Your assignment: Find the line holding "(m : Bytes) (off : ℕ) (bs : Bytes)" in the entries below. Give it again exactly, along with every line after it up to and including the line holding "(off : ℕ) (p : Slot) (r r' : Region)".

Dataset entries
================================

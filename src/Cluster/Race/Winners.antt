-- ===== src/Cluster/Race/Winners.antt =====
-- Which of the clients that commit to a slot win its epochs (`td_commit_slot_at`, src/cluster.c).
use tee_dist.Base.{
  ℕ, ◌+◌, ◌%◌, ◌<◌, ◌≤◌, ◌==◌, ◌≡◌, ◌≢◌, ◌⊎◌, inl, inr, refl, sym, ap, ◌∙◌, arith, Bool-cases, true,
  false, some, Bytes, length, ltb, from_le, write_range, length-write_range, read-write_before,
  add64, u64_mod,
}
use mathlib.Core.Option.{none-ne-some, some-injective}
use native.Mathlib.Decide.{dec_lt}
use tee_dist.Region.{Slot, slot_bytes, body_start, Region, body_bytes, word_at, write_bytes, cas64}
use tee_dist.Region.Codec.{SlotFits}
use tee_dist.Region.Access.{IsMapped, cas64_lem, swapped}
use tee_dist.Region.Commit.{slot_at, slot_at-guard}
use tee_dist.Cluster.Race.{
  Pc, ready, found, stored, won, lost, Shared, update, outcome, Step, look, store, swap, Reach,
  here, next,
}

-- Each proposal is a slot that fits its struct and carries the next epoch.
pub record Proposes (proposals : ℕ → ℕ → Slot) : Type 0 where
  pub fits : (i e : ℕ) → SlotFits (proposals i e)
  pub epoch : (i e : ℕ) → (proposals i e).visible_epoch ≡ add64 e 1

-- The slot's guard word.
abbrev pub guard : ℕ → Shared → ℕ
guard off s = (slot_at s.region.memory off).guard_epoch

-- The slot lies in the region; the guard word has gone up by at most a step each; a client that won an
-- epoch is the only one, and the guard word is past it; each epoch passed was won.
pub record Inv (off g n : ℕ) (s : Shared) : Type 0 where
  pub mapped : IsMapped s.region
  pub inside : off + slot_bytes ≤ s.region.mapped_bytes
  pub low : g ≤ guard off s
  pub high : guard off s ≤ g + n
  pub below : (i e : ℕ) → s.pc i ≡ won e → e < guard off s
  pub unique : (i j e : ℕ) → s.pc i ≡ won e → s.pc j ≡ won e → i ≡ j
  pub covered : (e : ℕ) → g ≤ e → e < guard off s → (i : ℕ) × (s.pc i ≡ won e)

ready-ne-won : (e : ℕ) → ready ≢ won e
ready-ne-won e h = cc

won_injective : (a b : ℕ) → won a ≡ won b → a ≡ b
won_injective a b h = cc

update_back : (f : ℕ → Pc) (i j e : ℕ) (p : Pc) → p ≢ won e → update f i p j ≡ won e → f j ≡ won e
update_back f i j e p other h = elim (Bool-cases (j == i)) [
  | inl same ↦ absurd (other (rw same at h))
  | inr differs ↦ rw differs at h
]

update_forth :
    (f : ℕ → Pc) (i j e : ℕ) (p : Pc) → f i ≢ won e → f j ≡ won e → update f i p j ≡ won e
update_forth f i j e p other h = elim (Bool-cases (j == i)) [
  | inl same ↦ let there : j ≡ i = ground arith in absurd (other (rw there at h))
  | inr differs ↦ rw differs h
]

pub update_self : (f : ℕ → Pc) (i : ℕ) (p : Pc) → update f i p i ≡ p
update_self f i p = let same : (i == i) ≡ true = ground arith in rw same refl

-- A step that changes neither the guard word nor who won.
Inv-same :
    (off g n : ℕ) (s t : Shared)
    → Inv off g n s
    → IsMapped t.region
    → t.region.mapped_bytes ≡ s.region.mapped_bytes
    → guard off t ≡ guard off s
    → ((j e : ℕ) → t.pc j ≡ won e → s.pc j ≡ won e)
    → ((j e : ℕ) → s.pc j ≡ won e → t.pc j ≡ won e)
    → Inv off g (n + 1) t
Inv-same off g n s t inv mapped size same back forth = record {
  mapped = mapped;
  inside = omega (arith, inv.inside);
  low = omega (arith, inv.low);
  high = omega (arith, inv.high);
  below = λ i e w. omega (arith, inv.below i e (back i e w));
  unique = λ i j e w v. inv.unique i j e (back i e w) (back j e v);
  covered = λ e lo hi. let (i, w) = inv.covered e lo (omega arith) in (i, forth i e w);
}

-- A step with which a client wins the epoch that the guard word had.
Inv-won :
    (off g n i : ℕ) (s t : Shared)
    → Inv off g n s
    → IsMapped t.region
    → t.region.mapped_bytes ≡ s.region.mapped_bytes
    → guard off t ≡ guard off s + 1
    → ((j : ℕ) → t.pc j ≡ update s.pc i (won (guard off s)) j)
    → ((e : ℕ) → s.pc i ≢ won e)
    → Inv off g (n + 1) t
Inv-won off g n i s t inv mapped size up pcs was = record {
  mapped = mapped;
  inside = omega (arith, inv.inside);
  low = omega (arith, inv.low);
  high = omega (arith, inv.high);
  below = λ j e w. elim (won_cases j e w) [
    | inl (there, now) ↦ omega arith
    | inr before ↦ omega (arith, inv.below j e before)
  ];
  unique = λ j k e w v. elim (won_cases j e w) [
    | inl (there, now) ↦ elim (won_cases k e v) [
      | inl (here_too, now_too) ↦ omega arith
      | inr before ↦ absurd (omega (arith, inv.below k e before))
    ]
    | inr before ↦ elim (won_cases k e v) [
      | inl (here_too, now_too) ↦ absurd (omega (arith, inv.below j e before))
      | inr before_too ↦ inv.unique j k e before before_too
    ]
  ];
  covered = λ e lo hi. elim (dec_lt e (guard off s)) [
    | yes passed ↦
        let (j, w) = inv.covered e lo passed in
        (j, pcs j ∙ update_forth s.pc i j e (won (guard off s)) (was e) w)
    | no current ↦
        let this : guard off s ≡ e = omega arith in
        (i, pcs i ∙ update_self s.pc i (won (guard off s)) ∙ ap won this)
  ];
}
  where
    won_cases : (j e : ℕ) → t.pc j ≡ won e → ((j ≡ i) × (e ≡ guard off s)) ⊎ (s.pc j ≡ won e)
    won_cases j e w = elim (Bool-cases (j == i)) [
      | inl same ↦
          let now : won (guard off s) ≡ won e = rw same at (sym (pcs j) ∙ w) in
          inl (ground arith, won_injective e (guard off s) (sym now))
      | inr differs ↦ inr (rw differs at (sym (pcs j) ∙ w))
    ]

write_memory :
    (r r' : Region) (off : ℕ) (bs : Bytes)
    → write_bytes r off bs ≡ some r'
    → record r { memory = write_range r.memory off bs } ≡ r'
unfolding write_bytes
write_memory r r' off bs h = elim (Bool-cases (ltb r.mapped_bytes (add64 off (length bs)))) [
  | inl past ↦ absurd (none-ne-some r' (rw past at h))
  | inr inside ↦ some-injective _ _ (rw inside at h)
]

guard_kept :
    (m : Bytes) (off : ℕ) (bs : Bytes)
    → word_at 8 (write_range m (off + 8) bs) off ≡ word_at 8 m off
unfolding word_at
guard_kept m off bs = ap from_le (read-write_before m off 8 (off + 8) bs (omega arith))

-- Writing the body leaves the guard word.
pub store_lem :
    (off : ℕ) (p : Slot) (r r' : Region)
    → IsMapped r
    → off + slot_bytes ≤ r.mapped_bytes
    → SlotFits p
    → write_bytes r (add64 off body_start) (body_bytes p) ≡ some r'
    → IsMapped r'
      × (r'.mapped_bytes ≡ r.mapped_bytes)
      × ((slot_at r'.memory off).guard_epoch ≡ (slot_at r.memory off).guard_epoch)
store_lem off p r r' m inside fits h =
    let small = m.small in
    let at_body : add64 off body_start ≡ off + 8 = omega arith in
    let h' : write_bytes r (off + 8) (body_bytes p) ≡ some r' = rw at_body at h in
    let same = write_memory r r' (off + 8) (body_bytes p) h' in
    let m' : IsMapped (record r { memory = write_range r.memory (off + 8) (body_bytes p) }) =
      record {
        mapped = length-write_range r.memory (off + 8) (body_bytes p) ∙ m.mapped;
        small = m.small;
      } in
    (
      rw same at m',
      ap (λ (q : Region). q.mapped_bytes) (sym same),
      ap (λ (q : Region). (slot_at q.memory off).guard_epoch) (sym same)
          ∙ slot_at-guard (write_range r.memory (off + 8) (body_bytes p)) off
          ∙ guard_kept r.memory off (body_bytes p)
          ∙ sym (slot_at-guard r.memory off),
    )

-- The compare-and-swap observes the guard word, and what becomes of it.
swap_lem :
    (off e observed : ℕ) (p : Slot) (r r' : Region)
    → IsMapped r
    → off + slot_bytes ≤ r.mapped_bytes
    → off % 8 ≡ 0
    → SlotFits p
    → cas64 r off e p.visible_epoch ≡ some (observed, r')
    → (observed ≡ (slot_at r.memory off).guard_epoch)
      × IsMapped r'
      × (r'.mapped_bytes ≡ r.mapped_bytes)
      × ((slot_at r'.memory off).guard_epoch
          ≡ swapped (slot_at r.memory off).guard_epoch e p.visible_epoch)
swap_lem off e observed p r r' m inside aligned fits h =
    let (r₂, swaps, m₂, size, word, keeps) =
      cas64_lem r off e p.visible_epoch m (omega arith) aligned fits.visible_fits in
    let both = some-injective _ _ (sym h ∙ swaps) in
    let same : r₂ ≡ r' = sym (ap (λ (q : ℕ × Region). q.1) both) in
    let old = slot_at-guard r.memory off in
    (
      ap (λ (q : ℕ × Region). q.0) both ∙ sym old,
      rw same at m₂,
      ap (λ (q : Region). q.mapped_bytes) (sym same) ∙ size,
      ap (λ (q : Region). (slot_at q.memory off).guard_epoch) (sym same)
          ∙ slot_at-guard r₂.memory off
          ∙ word
          ∙ ap (λ w. swapped w e p.visible_epoch) (sym old),
    )

pub outcome_won : (observed e : ℕ) → (observed == e) ≡ true → outcome observed e ≡ won e
unfolding outcome
outcome_won observed e h = rw h refl

pub outcome_lost : (observed e : ℕ) → (observed == e) ≡ false → outcome observed e ≡ lost e
unfolding outcome
outcome_lost observed e h = rw h refl

module _ (off g : ℕ) (proposals : ℕ → ℕ → Slot) (aligned : off % 8 ≡ 0)
    (ps : Proposes proposals) where
  -- Every step keeps the invariant, as long as the guard word cannot wrap.
  Step-Inv :
      (n : ℕ) (s t : Shared)
      → Inv off g n s
      → g + n + 1 < u64_mod
      → Step off proposals s t
      → Inv off g (n + 1) t
  Step-Inv n s _ inv small (look _ i idle) =
      Inv-same off g n s
        (record s { pc = update s.pc i (found (slot_at s.region.memory off).guard_epoch) }) inv
        inv.mapped refl refl
        (λ j e. update_back s.pc i j e (found (slot_at s.region.memory off).guard_epoch) (λ h. cc))
        (λ j e. update_forth s.pc i j e (found (slot_at s.region.memory off).guard_epoch) (λ h. cc))
  Step-Inv n s _ inv small (store _ i e r has writes) =
      let (mapped, size, same) =
        store_lem off (proposals i e) s.region r inv.mapped inv.inside (ps.fits i e) writes in
      Inv-same off g n s (record { region = r; pc = update s.pc i (stored e) }) inv mapped size same
        (λ j d. update_back s.pc i j d (stored e) (λ h. cc))
        (λ j d. update_forth s.pc i j d (stored e) (λ h. cc))
  Step-Inv n s _ inv small (swap _ i e observed r has swaps) =
      let (saw, mapped, size, now) =
        swap_lem off e observed (proposals i e) s.region r inv.mapped inv.inside aligned
          (ps.fits i e) swaps in
      elim (Bool-cases (observed == e)) [
        | inl wins ↦
            let this : e ≡ guard off s = ground arith in
            let up : guard off (record { region = r; pc = update s.pc i (outcome observed e) })
                ≡ guard off s + 1 =
              now ∙ rw (← saw, wins, ps.epoch i e) (omega (arith, inv.high)) in
            Inv-won off g n i s (record { region = r; pc = update s.pc i (outcome observed e) }) inv
              mapped size up
              (λ j. ap (λ p. update s.pc i p j) (outcome_won observed e wins ∙ ap won this))
              (λ d h. cc)
        | inr loses ↦
            let same : guard off (record { region = r; pc = update s.pc i (outcome observed e) })
                ≡ guard off s =
              now ∙ rw (← saw, loses) refl in
            let out = outcome_lost observed e loses in
            Inv-same off g n s (record { region = r; pc = update s.pc i (outcome observed e) }) inv
              mapped size same (λ j d. update_back s.pc i j d (outcome observed e) (λ h. cc))
              (λ j d. update_forth s.pc i j d (outcome observed e) (λ h. cc))
      ]

  Reach-Inv :
      (s : Shared)
      → Inv off g 0 s
      → (n : ℕ) (t : Shared) → g + n < u64_mod
      → Reach off proposals s n t
      → Inv off g n t
  Reach-Inv s start _ _ small here = start
  Reach-Inv s start _ t small (next {n = m} {s = u} before step) =
      Step-Inv m u t (Reach-Inv s start m u (omega arith) before) (omega arith) step

-- A slot inside a mapped region, with nobody at work on it.
pub record IsStart (off : ℕ) (s : Shared) : Type 0 where
  pub mapped : IsMapped s.region
  pub inside : off + slot_bytes ≤ s.region.mapped_bytes
  pub aligned : off % 8 ≡ 0
  pub idle : (i : ℕ) → s.pc i ≡ ready

IsStart-Inv : (off : ℕ) (s : Shared) → IsStart off s → Inv off (guard off s) 0 s
IsStart-Inv off s start = record {
  mapped = start.mapped;
  inside = start.inside;
  low = omega arith;
  high = omega arith;
  below = λ i e w. let idle = start.idle i in absurd (ready-ne-won e (sym idle ∙ w));
  unique = λ i j e w v. let idle = start.idle i in absurd (ready-ne-won e (sym idle ∙ w));
  covered = λ e lo hi. absurd (omega arith);
}

-- Whatever the order in which clients read the guard word of a slot, write their bodies and compare and
-- swap, as long as the guard word cannot wrap: no two clients win the same epoch.
pub one_winner :
    (off n : ℕ) (proposals : ℕ → ℕ → Slot) (s t : Shared) (i j e : ℕ)
    → IsStart off s
    → Proposes proposals
    → guard off s + n < u64_mod
    → Reach off proposals s n t
    → t.pc i ≡ won e
    → t.pc j ≡ won e
    → i ≡ j
one_winner off n proposals s t i j e start ps small reach w v =
    let inv =
      Reach-Inv off (guard off s) proposals start.aligned ps s (IsStart-Inv off s start) n t small
        reach in
    inv.unique i j e w v

-- The invariant, counted from a state that is reached.
Inv-again : (off g n : ℕ) (s : Shared) → Inv off g n s → Inv off (guard off s) 0 s
Inv-again off g n s inv = record {
  mapped = inv.mapped;
  inside = inv.inside;
  low = omega arith;
  high = omega arith;
  below = inv.below;
  unique = inv.unique;
  covered = λ e lo hi. absurd (omega arith);
}

-- Whatever the order in which clients read the guard word of a slot, write their bodies and compare and
-- swap, as long as the guard word cannot wrap: between any two states of the race, `k` steps apart, the
-- guard word does not fall, goes up by at most `k`, and each epoch that it leaves has been won by a client.
pub epochs_won :
    (off n k : ℕ) (proposals : ℕ → ℕ → Slot) (s t u : Shared)
    → IsStart off s
    → Proposes proposals
    → guard off s + n + k < u64_mod
    → Reach off proposals s n t
    → Reach off proposals t k u
    → (guard off t ≤ guard off u)
      × (guard off u ≤ guard off t + k)
      × ((e : ℕ) → guard off t ≤ e → e < guard off u → (i : ℕ) × (u.pc i ≡ won e))
epochs_won off n k proposals s t u start ps small before after =
    let before_inv =
      Reach-Inv off (guard off s) proposals start.aligned ps s (IsStart-Inv off s start) n t
        (omega arith) before in
    let inv =
      Reach-Inv off (guard off t) proposals start.aligned ps t
        (Inv-again off (guard off s) n t before_inv) k u (omega (arith, before_inv.high)) after in
    (inv.low, inv.high, inv.covered)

================================

Solution:
    (m : Bytes) (off : ℕ) (bs : Bytes)
    → word_at 8 (write_range m (off + 8) bs) off ≡ word_at 8 m off
unfolding word_at
guard_kept m off bs = ap from_le (read-write_before m off 8 (off + 8) bs (omega arith))

-- Writing the body leaves the guard word.
pub store_lem :
    (off : ℕ) (p : Slot) (r r' : Region)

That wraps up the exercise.